Nicht so bekannt dürfte die „Kabel + Satellit Bergen Kommunika­tionstechnik GmbH“ (kurz Kabel + Sat) sein. Das ist ein Unter­nehmen, das in den Berei­chen Internet, Fern­sehen und Tele­fonie mit Firmen­sitz in Bergen auf der Insel Rügen tätig ist und seinen Kunden Breit­band­internet, Inter­net­tele­fonie sowie Kabel­fern­sehen sowie Dienste rund um Satel­liten­emp­fangs- und Signal­auf­berei­tung anbietet. Derzeit sind 40 Mitar­beiter in den Berei­chen Netzbau und Kommunika­tionstechnik sowie Kunden­dienst und Verwal­tung im Unter­nehmen beschäf­tigt.

Eine Einschät­zung (von Henning Gajek)

Das „Rügener Modell“ sollte in ganz Deutsch­land Schule machen. Das ist, was die Kunden wollen. Sie möchten bei ihrem vertrauten Anbieter bleiben können, das kann nicht nur die Telekom, sondern auch Voda­fone, o2 (Telefónica) oder 1&1 sein und bleiben. Sie möchten nicht zu einem neuen, ihnen unbe­kannten Anbieter wech­seln müssen, was evtl. Umstände macht und Ärger bedeutet („klappt der Wechsel?“), wo mögli­cher­weise bisher gewohnte Kombi­rabatte nicht mehr funk­tio­nieren oder bestimmte Funk­tionen oder Tarife nicht mehr möglich oder deut­lich teurer sind, etwa eine Flat­rate zum Mobil­funk.
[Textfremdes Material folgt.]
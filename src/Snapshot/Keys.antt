-- ===== src/Snapshot/Keys.antt =====
-- The keys in the snapshot of the pods' containers, against the records and the pods.
use mathlib.Core.List.{Perm, perm_middle, map-append}
use mathlib.Core.List.Perm
use scam.Base.{
  ℕ, some, ◌+◌, ◌≡◌, refl, sym, ap, ap₂, ◌∙◌, inl, inr, Bool, List, [], ◌∷◌, ◌++◌, map, length,
  length-map, length-append, Text, codes, text_beq, if◌then◌else◌, Bool-cases,
}
use scam.Kube.{Pod, Container, ContainerStatus}
use scam.Emit.{Attrs, Log, Draft, stamped, plain, text, put_all}
use scam.Sort.{insert, sort_slice}
use scam.Pod.{ContainerRef, refs_of, collect_containers, container_attrs}
use scam.Pod.Changes.{draft}
use scam.Pod.Owner.{ReplicaSets, pod_owner, less_pod}
use scam.Snapshot.{listed, container_keys, pod_keys, emit_container_snapshot}
use scam.Snapshot.Drafts.{drafts_of, sum_of, dump_record, keys_record}
use scam.Snapshot.Kinds.{pods-Logs}

swap_blocks : {A : Type 0} (a b c : List A) → Perm (a ++ (b ++ c)) (b ++ (a ++ c))
swap_blocks [] b c = Perm.refl _
swap_blocks (x ∷ a) b c =
    Perm.trans (Perm.cons x (swap_blocks a b c)) (Perm.symm (perm_middle b (a ++ c)))

pod_keys-insert :
    (less : Pod → Pod → Bool) (p : Pod) (ps : List Pod)
    → Perm (pod_keys (insert less p ps)) (pod_keys (p ∷ ps))
unfolding insert pod_keys
pod_keys-insert less p [] = Perm.refl _
pod_keys-insert less p (q ∷ ps) = elim (Bool-cases (less p q)) [
  | inl e ↦ rw e (Perm.refl _)
  | inr e ↦ rw e (
      Perm.trans (Perm.append_left (keys q) (pod_keys-insert less p ps))
        (swap_blocks (keys q) (keys p) (pod_keys ps)))
]
  where
    keys : Pod → List Text
    keys r = container_keys r.meta.uid (collect_containers r)

pod_keys-sort :
    (less : Pod → Pod → Bool) (ps : List Pod) → Perm (pod_keys (sort_slice less ps)) (pod_keys ps)
unfolding sort_slice pod_keys
pod_keys-sort less [] = Perm.refl _
pod_keys-sort less (p ∷ ps) =
    Perm.trans (pod_keys-insert less p (sort_slice less ps))
      (Perm.append_left (container_keys p.meta.uid (collect_containers p)) (pod_keys-sort less ps))

-- What the spec of a pod says: one key for each container of any kind.
abbrev pub pod_spec_keys : Pod → List Text
pod_spec_keys p =
    map (λ c. p.meta.uid ++ b'/' ∷ c.name)
      (p.spec.init_containers ++ (p.spec.containers ++ p.spec.ephemeral_containers))

abbrev pub spec_keys : List Pod → List Text
spec_keys [] = []
spec_keys (p ∷ ps) = pod_spec_keys p ++ spec_keys ps

-- The text that stands under a name in a record.
abbrev pub read : Text → Attrs → Text
read k [] = []
read k ((name, text v) ∷ attrs) = if text_beq name k then v else read k attrs
read k ((name, _) ∷ attrs) = read k attrs

-- The key of a container's record, from the pod's uid and the container's name in it.
abbrev pub join_key : Draft → Text
join_key (stamped message kind attrs) =
    read (codes "pod_uid") attrs ++ b'/' ∷ read (codes "container") attrs
join_key (plain message attrs) = []

refs_of-keys :
    (kind uid : Text) (statuses : List ContainerStatus) (cs : List Container)
    → map (λ c. uid ++ b'/' ∷ c.name) (refs_of kind statuses cs)
      ≡ map (λ c. uid ++ b'/' ∷ c.name) cs
unfolding refs_of
refs_of-keys kind uid statuses [] = refl
refs_of-keys kind uid statuses (c ∷ cs) =
    ap (◌∷◌ (uid ++ b'/' ∷ c.name)) (refs_of-keys kind uid statuses cs)

pod_keys-spec : (ps : List Pod) → pod_keys ps ≡ spec_keys ps
unfolding pod_keys collect_containers
pod_keys-spec [] = refl
pod_keys-spec (p ∷ ps) = ap₂ ◌++◌ (one p) (pod_keys-spec ps)
  where
    one : (q : Pod) → container_keys q.meta.uid (collect_containers q) ≡ pod_spec_keys q
    one q =
        map-append _ _ _
        ∙ ap₂ ◌++◌ (refs_of-keys (codes "init") q.meta.uid _ q.spec.init_containers) (
            map-append _ _ _
            ∙ ap₂ ◌++◌ (refs_of-keys (codes "main") q.meta.uid _ q.spec.containers)
                (refs_of-keys (codes "ephemeral") q.meta.uid _ q.spec.ephemeral_containers)
            ∙ sym (map-append _ q.spec.containers q.spec.ephemeral_containers))
        ∙ sym (map-append _ q.spec.init_containers _)

record_keys :
    (sets : ReplicaSets) (p : Pod) (owner : Text × Text) (cs : List ContainerRef)
    → map join_key (map (draft (codes "INITIAL") p owner) cs) ≡ container_keys p.meta.uid cs
unfolding container_attrs
record_keys sets p owner [] = refl
record_keys sets p owner (c ∷ cs) =
    ap (◌∷◌ (p.meta.uid ++ b'/' ∷ c.name)) (record_keys sets p owner cs)

-- The records of the containers, and the keys that they hold.
abbrev pub container_records : ReplicaSets → List Pod → List Draft
container_records sets ps =
    drafts_of (λ p. map (draft (codes "INITIAL") p (pod_owner sets p)) (collect_containers p)) ps

records-keys :
    (sets : ReplicaSets) (ps : List Pod) → map join_key (container_records sets ps) ≡ pod_keys ps
unfolding pod_keys
records-keys sets [] = refl
records-keys sets (p ∷ ps) =
    map-append join_key _ _
    ∙ ap₂ ◌++◌ (record_keys sets p (pod_owner sets p) (collect_containers p)) (records-keys sets ps)

records-count :
    (sets : ReplicaSets) (ps : List Pod)
    → length (container_records sets ps) ≡ sum_of (λ p. length (collect_containers p)) ps
records-count sets [] = refl
records-count sets (p ∷ ps) =
    length-append (map (draft (codes "INITIAL") p (pod_owner sets p)) (collect_containers p)) _
    ∙ ap₂ ◌+◌ (length-map (draft (codes "INITIAL") p (pod_owner sets p)) (collect_containers p))
        (records-count sets ps)

-- The snapshot of the pods logs records of their containers, then the counts, and then a SNAPSHOT
-- line whose resource_keys are the keys that those records hold, in their order: pod_uid, a slash,
-- and the container's name. Up to the order they are those of all containers, init and ephemeral
-- ones too, in the specs of the pods that the informer held, each as often as it is there.
pub emit_container_snapshot-keys :
    (sets : ReplicaSets) (pods : List Pod) (id : Text) (l : Log)
    → (rs : List Draft) × (cached : ℕ) × (emit_container_snapshot sets (listed pods) id l
        ≡ put_all
            (rs
              ++ dump_record (codes "Pod") cached (length rs)
                ∷ keys_record id (codes "Container") (map join_key rs)
                ∷ [])
            l)
      × Perm (map join_key rs) (spec_keys pods)
emit_container_snapshot-keys sets pods id l =
    let sorted = sort_slice (less_pod sets) pods in
    let rs = container_records sets sorted in
    (
      rs,
      length sorted,
      rw (records-count sets sorted, records-keys sets sorted)
          (pods-Logs sets (some (listed pods)) id l),
      rw (records-keys sets sorted, ← pod_keys-spec pods) (pod_keys-sort (less_pod sets) pods),
    )
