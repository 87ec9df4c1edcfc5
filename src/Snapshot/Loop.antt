-- ===== src/Snapshot/Loop.antt =====
-- SnapshotLoop, up to the end of its context: the timer's firings are a list.
use scam.Base.{
  ℕ, inl, inr, Option, none, some, text_beq, List, [], ◌∷◌, Text, codes, if◌then◌else◌, Bool-cases,
}
use scam.Base.Duration.{minute, signed_ltb, signed_leb}
use scam.Capture.Trim.{trim_space}
use scam.Dynamic.{Nested}
use scam.Emit.{Attrs, Log, plain, number, report, put}
use scam.Emit.Ids.{Extends, Extends-refl, Extends-trans, put-Extends}
use scam.Pod.Owner.{ReplicaSets}
use scam.Interval.{is_off, parsed, resolve_interval, resolve_snapshot_interval}
use scam.Snapshot.{SnapshotResources, emit_full_snapshot}
use scam.Snapshot.Envelope.{emit_full_snapshot-Extends}

-- What the informers hold when the timer fires, and the identifier that is made then.
pub record Fire : Type 0 where
  pub sets : ReplicaSets
  pub resources : SnapshotResources
  pub id : Text

-- `jitter` is rand.Int64N of the interval.
unfoldable pub first_delay : (interval jitter : ℕ) → ℕ
first_delay interval jitter = if signed_ltb minute interval then jitter else interval

unfoldable pub fire_all : Nested → List Fire → Log → Log
fire_all lib [] l = l
fire_all lib (f ∷ fs) l =
    fire_all lib fs (emit_full_snapshot lib f.sets f.resources f.id (codes "reconcile") l)

abbrev pub scheduled : Nested → ℕ × Log → (ℕ → ℕ) → List Fire → Log
scheduled lib (interval, l) jitter fires =
    if signed_leb interval 0
    then report (codes "snapshot: disabled") [] l
    else fire_all lib fires (
        report (codes "snapshot: scheduled")
          ((codes "interval", number interval)
            ∷ (codes "first_delay", number (first_delay interval (jitter interval)))
            ∷ [])
          l)

-- `env` is SNAPSHOT_INTERVAL, `parse` is time.ParseDuration.
unfoldable pub snapshot_loop :
    Nested → (parse : Text → Option ℕ) → (env : Text) → (jitter : ℕ → ℕ) → List Fire → Log → Log
snapshot_loop lib parse env jitter fires l =
    scheduled lib (resolve_snapshot_interval parse env l) jitter fires

report-Extends : (message : Text) (attrs : Attrs) (l : Log) → Extends l (report message attrs l)
unfolding put
report-Extends message attrs l = put-Extends (plain message attrs) l

fire_all-Extends : (lib : Nested) (fs : List Fire) (l : Log) → Extends l (fire_all lib fs l)
unfolding fire_all
fire_all-Extends lib [] l = Extends-refl l
fire_all-Extends lib (f ∷ fs) l =
    Extends-trans (emit_full_snapshot-Extends lib f.sets f.resources f.id (codes "reconcile") l)
      (fire_all-Extends lib fs _)

invalid-Extends :
    (message raw : Text) (def : ℕ) (o : Option ℕ) (l : Log)
    → Extends l (parsed message raw def o l).1
invalid-Extends message raw def none l = report-Extends message _ l
invalid-Extends message raw def (some d) l = elim (Bool-cases (signed_ltb d minute)) [
  | inl e ↦ rw e (report-Extends message _ l)
  | inr e ↦ rw e (Extends-refl l)
]

interval-Extends :
    (parse : Text → Option ℕ) (env : Text) (l : Log)
    → Extends l (resolve_snapshot_interval parse env l).1
unfolding resolve_snapshot_interval resolve_interval
interval-Extends parse env l = elim (Bool-cases (text_beq (trim_space env) [])) [
  | inl e ↦ rw e (Extends-refl l)
  | inr e ↦ elim (Bool-cases (is_off (trim_space env))) [
    | inl f ↦ rw (e, f) (Extends-refl l)
    | inr f ↦ rw (e, f) (invalid-Extends _ (trim_space env) _ (parse (trim_space env)) l)
  ]
]

scheduled-Extends :
    (lib : Nested) (interval : ℕ) (l : Log) (jitter : ℕ → ℕ) (fires : List Fire)
    → Extends l (scheduled lib (interval, l) jitter fires)
scheduled-Extends lib interval l jitter fires = elim (Bool-cases (signed_leb interval 0)) [
  | inl e ↦ rw e (report-Extends _ _ l)
  | inr e ↦ rw e (Extends-trans (report-Extends _ _ l) (fire_all-Extends lib fires _))
]

-- However often the timer fires and whatever the informers hold then: what was logged stays in place,
-- and the records of all these snapshots take consecutive event ids.
pub snapshot_loop-Extends :
    (lib : Nested) (parse : Text → Option ℕ) (env : Text) (jitter : ℕ → ℕ) (fires : List Fire)
    (l : Log)
    → Extends l (snapshot_loop lib parse env jitter fires l)
unfolding snapshot_loop
snapshot_loop-Extends lib parse env jitter fires l =
    let r = resolve_snapshot_interval parse env l in
    Extends-trans (interval-Extends parse env l) (scheduled-Extends lib r.0 r.1 jitter fires)
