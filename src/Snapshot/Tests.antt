-- ===== src/Snapshot/Tests.antt =====
-- A snapshot of two services, and the theorems at it.
use mathlib.Core.List.{Perm}
use scam.Base.{ℕ, ◌≡◌, refl, Bool, none, some, List, [], ◌∷◌, ◌++◌, map, length, codes}
use scam.Kube.{Pod, Service}
use scam.Dynamic.Sample.{sample}
use scam.Emit.{Draft, put_all}
use scam.Sort.{insert, sort_slice}
use scam.Samples.{service, pod, no_sets, empty_log}
use scam.Snapshot.{
  SnapshotResources, listed, meta_less, emit_full_snapshot, emit_container_snapshot,
}
use scam.Snapshot.Envelope.{begin_record, sections, end_record, emit_full_snapshot-sections}
use scam.Snapshot.Id.{be_bytes, hex, new_snapshot_id}
use scam.Snapshot.Drafts.{dump_record, keys_record}
use scam.Snapshot.Keys.{join_key, spec_keys, emit_container_snapshot-keys}

abbrev services : List Service
services = service (codes "web") ∷ service (codes "cart") ∷ []

abbrev resources : SnapshotResources
resources = record {
  pods = none;
  services = some (listed services);
  endpoint_slices = none;
  ingresses = none;
  ingress_classes = none;
  gateway_api = [];
  traefik = [];
}

abbrev less : Service → Service → Bool
less a b = meta_less a.meta b.meta

sort_test : sort_slice less services ≡ service (codes "cart") ∷ service (codes "web") ∷ []
unfolding sort_slice insert scam.Dynamic.ns_name_less
sort_test = refl

emit_full_snapshot-sections_example :
    emit_full_snapshot sample no_sets resources (codes "07") (codes "init") empty_log
    ≡ put_all
        (begin_record (codes "07") (codes "init")
          ∷ sections sample no_sets resources (codes "07") (end_record (codes "07") ∷ []))
        empty_log
emit_full_snapshot-sections_example =
    emit_full_snapshot-sections sample no_sets resources (codes "07") (codes "init") empty_log

abbrev pods : List Pod
pods = pod [] (codes "nginx") ∷ []

emit_container_snapshot-keys_example :
    (rs : List Draft) × (cached : ℕ) × (emit_container_snapshot no_sets
        (listed pods)
        (codes "07")
        empty_log
      ≡ put_all
          (rs
            ++ dump_record (codes "Pod") cached (length rs)
              ∷ keys_record (codes "07") (codes "Container") (map join_key rs)
              ∷ [])
          empty_log)
    × Perm (map join_key rs) (spec_keys pods)
emit_container_snapshot-keys_example =
    emit_container_snapshot-keys no_sets pods (codes "07") empty_log

abbrev random : List ℕ
random = 1 ∷ 2 ∷ 3 ∷ 4 ∷ 5 ∷ 6 ∷ 7 ∷ 255 ∷ []

id_test : new_snapshot_id 1700000000000 random ≡ codes "0000018bcfe5680001020304050607ff"
unfolding new_snapshot_id hex be_bytes
id_test = refl
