-- ===== src/Sort/Tests.antt =====
-- A sort of texts.
use scam.Base.{◌≡◌, refl, List, [], ◌∷◌, Text, codes, text_ltb}
use scam.Sort.{insert, sort_slice}

abbrev names : List Text
names = codes "web" ∷ codes "cart" ∷ codes "api" ∷ []

sort_test : sort_slice text_ltb names ≡ codes "api" ∷ codes "cart" ∷ codes "web" ∷ []
unfolding sort_slice insert
sort_test = refl
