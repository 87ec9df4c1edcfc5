-- ===== src/Stamp.antt =====
-- The handler that puts the identity attributes on each record: internal/collector/logattrs.go.
-- log/slog's handlers are the record `Slog`.
mod Current
mod Tests
use scam.Base.{ℕ, Bool, List, [], ◌∷◌, ◌++◌, Text}

pub record SlogRecord (A : Type 0) : Type 0 where
  pub level : ℕ
  pub message : Text
  pub attrs : List A

-- A kind of slog.Handler: what its methods return, and what Handle writes.
pub record Slog (A : Type 0) : Type 1 where
  pub Handler : Type 0
  pub enabled : Handler → ℕ → Bool
  pub handle : Handler → SlogRecord A → Text
  pub with_attrs : Handler → List A → Handler
  pub with_group : Handler → Text → Handler

abbrev pub add_attrs : {A : Type 0} → SlogRecord A → List A → SlogRecord A
add_attrs r attrs = record r { attrs = r.attrs ++ attrs }

module _ {A : Type 0} (x : Slog A) where
  pub record ClusterAttrHandler : Type 0 where
    pub inner : x.Handler

  abbrev pub with_cluster_attrs : x.Handler → ClusterAttrHandler
  with_cluster_attrs h = record { inner = h }

  unfoldable pub enabled : ClusterAttrHandler → ℕ → Bool
  enabled h level = x.enabled h.inner level

  -- `cluster_attrs` is what the atomic pointer holds when the record is handled.
  unfoldable pub handle : (cluster_attrs : List A) → ClusterAttrHandler → SlogRecord A → Text
  handle cluster_attrs h r = x.handle h.inner (add_attrs r cluster_attrs)

  unfoldable pub with_attrs : ClusterAttrHandler → List A → ClusterAttrHandler
  with_attrs h attrs = record { inner = x.with_attrs h.inner attrs }

  unfoldable pub with_group : ClusterAttrHandler → Text → ClusterAttrHandler
  with_group h name = record { inner = x.with_group h.inner name }
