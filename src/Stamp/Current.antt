-- ===== src/Stamp/Current.antt =====
-- The attributes on a record are those of the identity that is held when the record is logged.
use scam.Base.{◌≡◌, refl, ap, ap₂, List, [], ◌∷◌, Text}
use scam.Emit.{Log}
use scam.Identity.{Setting, IdentityAttr, attrs_of, start, rounds}
use scam.Identity.Lookup.{RorIdentity, Round}
use scam.Identity.Kept.{rounds-attrs}
use scam.Stamp.{
  SlogRecord, Slog, ClusterAttrHandler, add_attrs, with_cluster_attrs, enabled, handle, with_attrs,
  with_group,
}

-- What Logger.With and Logger.WithGroup do to a handler.
pub data Derivation (A : Type 0) : Type 0 where
  attrs : List A → Derivation A
  group : Text → Derivation A

module _ {A : Type 0} (x : Slog A) where
  -- On slog's own handler.
  abbrev pub derive_plain : List (Derivation A) → x.Handler → x.Handler
  derive_plain [] h = h
  derive_plain (attrs added ∷ ds) h = derive_plain ds (x.with_attrs h added)
  derive_plain (group name ∷ ds) h = derive_plain ds (x.with_group h name)

  -- On the program's.
  abbrev pub derive : List (Derivation A) → ClusterAttrHandler x → ClusterAttrHandler x
  derive [] h = h
  derive (attrs added ∷ ds) h = derive ds (with_attrs x h added)
  derive (group name ∷ ds) h = derive ds (with_group x h name)

  derive-inner :
      (ds : List (Derivation A)) (h : ClusterAttrHandler x)
      → (derive ds h).inner ≡ derive_plain ds h.inner
  unfolding with_attrs with_group
  derive-inner [] h = refl
  derive-inner (attrs added ∷ ds) h = derive-inner ds _
  derive-inner (group name ∷ ds) h = derive-inner ds _

-- However a logger is derived from main's by With and WithGroup, before or after any rounds of the
-- refresh loop: a record that it logs after them goes, with the attributes of the identity that is
-- held then behind its own, to the handler that the same derivation makes of the wrapped one. The
-- levels that are enabled are that handler's.
pub handle-current :
    (x : Slog IdentityAttr) (h : x.Handler) (ds : List (Derivation IdentityAttr)) (s : Setting)
    (id : RorIdentity) (rs : List Round) (l : Log) (r : SlogRecord IdentityAttr)
    → let y = (rounds s (start s id) rs l).0 in
      let derived = derive x ds (with_cluster_attrs x h) in
      (handle x y.cluster_attrs derived r
        ≡ x.handle (derive_plain x ds h) (add_attrs r (attrs_of s y.current)))
      × (enabled x derived r.level ≡ x.enabled (derive_plain x ds h) r.level)
unfolding handle enabled start
handle-current x h ds s id rs l r =
    let plain = derive-inner x ds (with_cluster_attrs x h) in
    (
      ap₂ (λ k attrs. x.handle k (add_attrs r attrs)) plain (rounds-attrs s (start s id) rs l refl),
      ap (λ k. x.enabled k r.level) plain,
    )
Die Wett­bewerber der Telekom im BREKO oder dem VATM sollten sich in Rügen vor Ort infor­mieren, wie so eine Koope­ration geht und dann schleu­nigst in die Verhand­lungen einsteigen, anstatt weiter einen sinn­losen Klein­krieg um tatsäch­lichen oder vermeint­lichen Parallel-Ausbau oder die Höhe von Förder­mit­teln zu führen. Dafür ist keine Zeit mehr.

Koope­rationen sind eine gute Sache, wenn sie funk­tio­nieren. In Wasser­liesch wurde eine Koope­ration wegen Erfolg­losig­keit beendet.